= Panagiotis Anagnostopoulos (general) =

Panagiotis "Takis" Anagnostopoulos (Παναγιώτης (Τάκης) Αναγνωστόπουλος) was a Lieutenant General of the Greek Army and close friend and associate of Prime Ministers Georgios Papandreou and Andreas Papandreou. In 1965, he was a central figure in the so-called ASPIDA affair.

==Life==
He was born in Kalavryta in 1914, and grew up in Patras. He graduated from the Hellenic Military Academy as a Second Lieutenant of Artillery and fought in the Greco-Italian War, in the Middle East and in the Greek Civil War on the side of the Greek government against the communists.

In November 1963, when Georgios Papandreou became Prime Minister, Anagnostopoulos, then a Colonel, was appointed Chief of the Espionage Branch of the Central Intelligence Service (KYP), a post he held until May 1965, when he became overall Chief of KYP. However, two months later, in July 1965, the Iouliana brought down the government, and he was also one of the officers accused of being implicated in the so-called ASPIDA affair. In the ASPIDA trial, that concluded in early 1967, just before the imposition of the Regime of the Colonels, he was acquitted on all charges.
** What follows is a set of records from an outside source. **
-- ===== src/Text/Decimal.antt =====
-- The digits of `String(n)` for numbers of one to four digits.
use cargo_execution_assistan.Prelude.{ℕ, zero, suc, ◌+◌, ◌/◌, ◌%◌, ◌≤◌, ◌<◌, ◌≡◌, [], ◌∷◌, arith}
use cargo_execution_assistan.Text.{Text, digits_from, decimal}

abbrev pub digit : ℕ → ℕ
digit k = b'0' + k

last : (f n : ℕ) (acc : Text) → n < 10 → digits_from (suc f) n acc ≡ digit (n % 10) ∷ acc
unfolding digits_from
last f n acc h = ground arith

next :
    (f n : ℕ) (acc : Text)
    → 10 ≤ n
    → digits_from (suc f) n acc ≡ digits_from f (n / 10) (digit (n % 10) ∷ acc)
unfolding digits_from
next f n acc h = ground arith

two :
    (f n : ℕ) (acc : Text)
    → 10 ≤ n
    → n < 100
    → digits_from (suc (suc f)) n acc ≡ digit (n / 10 % 10) ∷ digit (n % 10) ∷ acc
two f n acc h k = rw (next (suc f) n acc h) (last f (n / 10) _ (omega arith))

three :
    (f n : ℕ) (acc : Text)
    → 100 ≤ n
    → n < 1000
    → digits_from (suc (suc (suc f))) n acc
      ≡ digit (n / 10 / 10 % 10) ∷ digit (n / 10 % 10) ∷ digit (n % 10) ∷ acc
three f n acc h k =
    rw (next (suc (suc f)) n acc (omega arith)) (two f (n / 10) _ (omega arith) (omega arith))

four :
    (f n : ℕ) (acc : Text)
    → 1000 ≤ n
    → n < 10000
    → digits_from (suc (suc (suc (suc f)))) n acc
      ≡ digit (n / 10 / 10 / 10 % 10)
        ∷ digit (n / 10 / 10 % 10)
        ∷ digit (n / 10 % 10)
        ∷ digit (n % 10)
        ∷ acc
four f n acc h k =
    rw (next (suc (suc (suc f))) n acc (omega arith))
      (three f (n / 10) _ (omega arith) (omega arith))

-- The digit of the units, of the tens, of the hundreds and of the thousands.
abbrev pub units : ℕ → ℕ
units n = digit (n % 10)

abbrev pub tens : ℕ → ℕ
tens n = digit (n / 10 % 10)

abbrev pub hundreds : ℕ → ℕ
hundreds n = digit (n / 10 / 10 % 10)

abbrev pub thousands : ℕ → ℕ
thousands n = digit (n / 10 / 10 / 10 % 10)

pub decimal_one : (n : ℕ) → n < 10 → decimal n ≡ units n ∷ []
unfolding decimal
decimal_one n h = last n n [] h

pub decimal_two : (n : ℕ) → 10 ≤ n → n < 100 → decimal n ≡ tens n ∷ units n ∷ []
unfolding decimal
decimal_two zero h k = absurd (omega arith)
decimal_two (suc n) h k = two n (suc n) [] h k

pub decimal_three : (n : ℕ) → 100 ≤ n → n < 1000 → decimal n ≡ hundreds n ∷ tens n ∷ units n ∷ []
unfolding decimal
decimal_three zero h k = absurd (omega arith)
decimal_three (suc zero) h k = absurd (omega arith)
decimal_three (suc (suc n)) h k = three n (suc (suc n)) [] h k

pub decimal_four :
    (n : ℕ) → 1000 ≤ n → n < 10000 → decimal n ≡ thousands n ∷ hundreds n ∷ tens n ∷ units n ∷ []
unfolding decimal
decimal_four zero h k = absurd (omega arith)
decimal_four (suc zero) h k = absurd (omega arith)
decimal_four (suc (suc zero)) h k = absurd (omega arith)
decimal_four (suc (suc (suc n))) h k = four n (suc (suc (suc n))) [] h k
Following the restoration of democracy in 1974, and the establishment of the PASOK party by Andreas Papandreou, Anagnostopoulos remained an influential adviser on military and security issues. From October 1981 until September 1984, he was secretary-general of the Ministry of Public Order, while from September 1984 until the early 1990s he was director-general of PASOK.